Rooting for a transparent and accountable use of available resources to fight HIV, TB and Malaria
As an organization, we are at the forefront of ensuring that recipients of donor funds, including African governments, are transparent and accountable to the public in the use of these global funds to fight diseases and build resilient and sustainable health systems. Specifically, we strive to ensure that Global Fund-supported programs to fight HIV, TB, and malaria use accountable resources and there are programmatic outcomes to show for it.
For Aidspan to achieve this, we provide capacity strengthening to Supreme Audit Institutions (SAIs) in sub-Saharan Africa to audit Global Fund grants. SAIs are public institutions that are constitutionally mandated to audit the use of public resources. Generally, only a few SAIs in sub-Saharan Africa audit Global Fund grants in their countries despite government institutions managing a huge proportion of these grants. Instead, private audit firms audit most of these grants. In 2019, we collaborated with the umbrella organizations of African SAIs (AFROSAI-E and CREFIAF) and other stakeholders to train eight SAIs on conducting financial and programmatic audits of Global Fund grants. We also organized a roundtable where the eight SAIs exchanged their experiences and shared best practices.

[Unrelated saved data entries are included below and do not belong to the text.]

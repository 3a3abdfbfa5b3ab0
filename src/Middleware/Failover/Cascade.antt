-- ===== src/Middleware/Failover/Cascade.antt =====
-- Which backend answers, in a relation that says which backends were asked before it.
use cascade_proxy.Common.{
  ◌≡◌, refl, ◌⊎◌, inl, inr, true, false, List, [], ◌∷◌, ◌++◌, Option, none, some, ap, Text,
  Bool-cases, Option-cases,
}
use cascade_proxy.Http.{Header, Handler, WriteOp, Request}
use cascade_proxy.Middleware.Failover.{
  Config, Buffered, Base, retarget, unavailable, is_retryable, try_backends, handle,
}

module _ {W : Type 0} (rec : Buffered) (parse : Text → Option Base) (next : Handler W)
    (cfg : Config) (r : Request) where
  -- Asked in turn, these backends are no help: each does not parse, or answers with a status that
  -- is retryable. They take the world from the first to the second.
  pub data Fails : W → List Text → W → Type 0 where
    nobody : {w : W} → Fails w [] w
    invalid :
        {w w' : W} {backend : Text} {backends : List Text}
        → parse backend ≡ none
        → Fails w backends w'
        → Fails w (backend ∷ backends) w'
    refused :
        {w w' : W} {backend : Text} {backends : List Text} (base : Base)
        → parse backend ≡ some base
        → is_retryable cfg (rec.status (next (retarget base r) [] w).0) ≡ true
        → Fails (next (retarget base r) [] w).1 backends w'
        → Fails w (backend ∷ backends) w'

  -- The first backend that is a help answers, behind those that are none.
  pub record Wins (w : W) (backends : List Text) (answer : List WriteOp × W) : Type 0 where
    pub before : List Text
    pub winner : Text
    pub after : List Text
    pub reached : W
    pub base : Base
    pub listed : backends ≡ before ++ (winner ∷ after)
    pub failed : Fails w before reached
    pub parsed : parse winner ≡ some base
    pub good : is_retryable cfg (rec.status (next (retarget base r) [] reached).0) ≡ false
    pub flushed :
        answer
        ≡ (rec.flush (next (retarget base r) [] reached).0, (next (retarget base r) [] reached).1)

  -- Nobody is a help.
  abbrev pub Exhausted : W → List Text → List WriteOp × W → Type 0
  Exhausted w backends answer = (w' : W) × Fails w backends w' × (answer ≡ (unavailable, w'))

  abbrev Outcome : W → List Text → List WriteOp × W → Type 0
  Outcome w backends answer = Exhausted w backends answer ⊎ Wins w backends answer

  invalid-Outcome :
      (w : W) (backend : Text) (backends : List Text) (answer : List WriteOp × W)
      → parse backend ≡ none
      → Outcome w backends answer
      → Outcome w (backend ∷ backends) answer
  invalid-Outcome w backend backends answer bad (inl (w', f, e)) = inl (w', invalid bad f, e)
  invalid-Outcome w backend backends answer bad (inr won) = inr (record {
    before = backend ∷ won.before;
    winner = won.winner;
    after = won.after;
    reached = won.reached;
    base = won.base;
    listed = ap (◌∷◌ backend) won.listed;
    failed = invalid bad won.failed;
    parsed = won.parsed;
    good = won.good;
    flushed = won.flushed;
  })

  refused-Outcome :
      (w : W) (backend : Text) (backends : List Text) (answer : List WriteOp × W) (base : Base)
      → parse backend ≡ some base
      → is_retryable cfg (rec.status (next (retarget base r) [] w).0) ≡ true
      → Outcome (next (retarget base r) [] w).1 backends answer
      → Outcome w (backend ∷ backends) answer
  refused-Outcome w backend backends answer base p bad (inl (w', f, e)) =
      inl (w', refused base p bad f, e)
  refused-Outcome w backend backends answer base p bad (inr won) = inr (record {
    before = backend ∷ won.before;
    winner = won.winner;
    after = won.after;
    reached = won.reached;
    base = won.base;
    listed = ap (◌∷◌ backend) won.listed;
    failed = refused base p bad won.failed;
    parsed = won.parsed;
    good = won.good;
    flushed = won.flushed;
  })

  try_backends-Outcome :
      (backends : List Text) (w : W)
      → Outcome w backends (try_backends rec parse next cfg backends r w)
  unfolding try_backends
  try_backends-Outcome [] w = inl (w, nobody, refl)
  try_backends-Outcome (backend ∷ backends) w = elim (Option-cases (parse backend)) [
    | inl bad ↦
        rw (bad, try_backends)
          (invalid-Outcome w backend backends _ bad (try_backends-Outcome backends w))
    | inr (base, p) ↦
        let answer = next (retarget base r) [] w in
        elim (Bool-cases (is_retryable cfg (rec.status answer.0))) [
          | inl bad ↦
              rw (p, try_backends, bad)
                (refused-Outcome w backend backends _ base p bad
                  (try_backends-Outcome backends answer.1))
          | inr good ↦
              rw (p, try_backends, good)
                (inr (record {
                  before = [];
                  winner = backend;
                  after = backends;
                  reached = w;
                  base = base;
                  listed = refl;
                  failed = nobody;
                  parsed = p;
                  good = good;
                  flushed = refl;
                }))
        ]
  ]

  -- Of the configured backends the first one answers that parses and whose status is not retryable,
  -- after those before it have been asked in their order; the client gets what its recorder
  -- flushes, and the backends behind it are not asked. Where there is none, all have been asked and
  -- the client gets 502.
  pub handle-cascades :
      (h : Header) (w : W)
      → Exhausted w cfg.backends (handle rec parse next cfg r h w)
        ⊎ Wins w cfg.backends (handle rec parse next cfg r h w)
  unfolding handle
  handle-cascades h w = try_backends-Outcome cfg.backends w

From the training and the roundtable, we improved the capacity of SAIs to understand their client base and how to align financial use with program outputs and outcomes. In this way, the eight SAIs are better positioned to advise whether Global Fund-supported programs to fight the three diseases are either on target or off track to achieve their intended purpose. Also, SAIs report audit findings to the public through their elected representatives in the legislature in English-speaking African countries, while audit queries are subjected to a judicial process in the French-speaking African countries. This increases the transparency and accountability of these funds.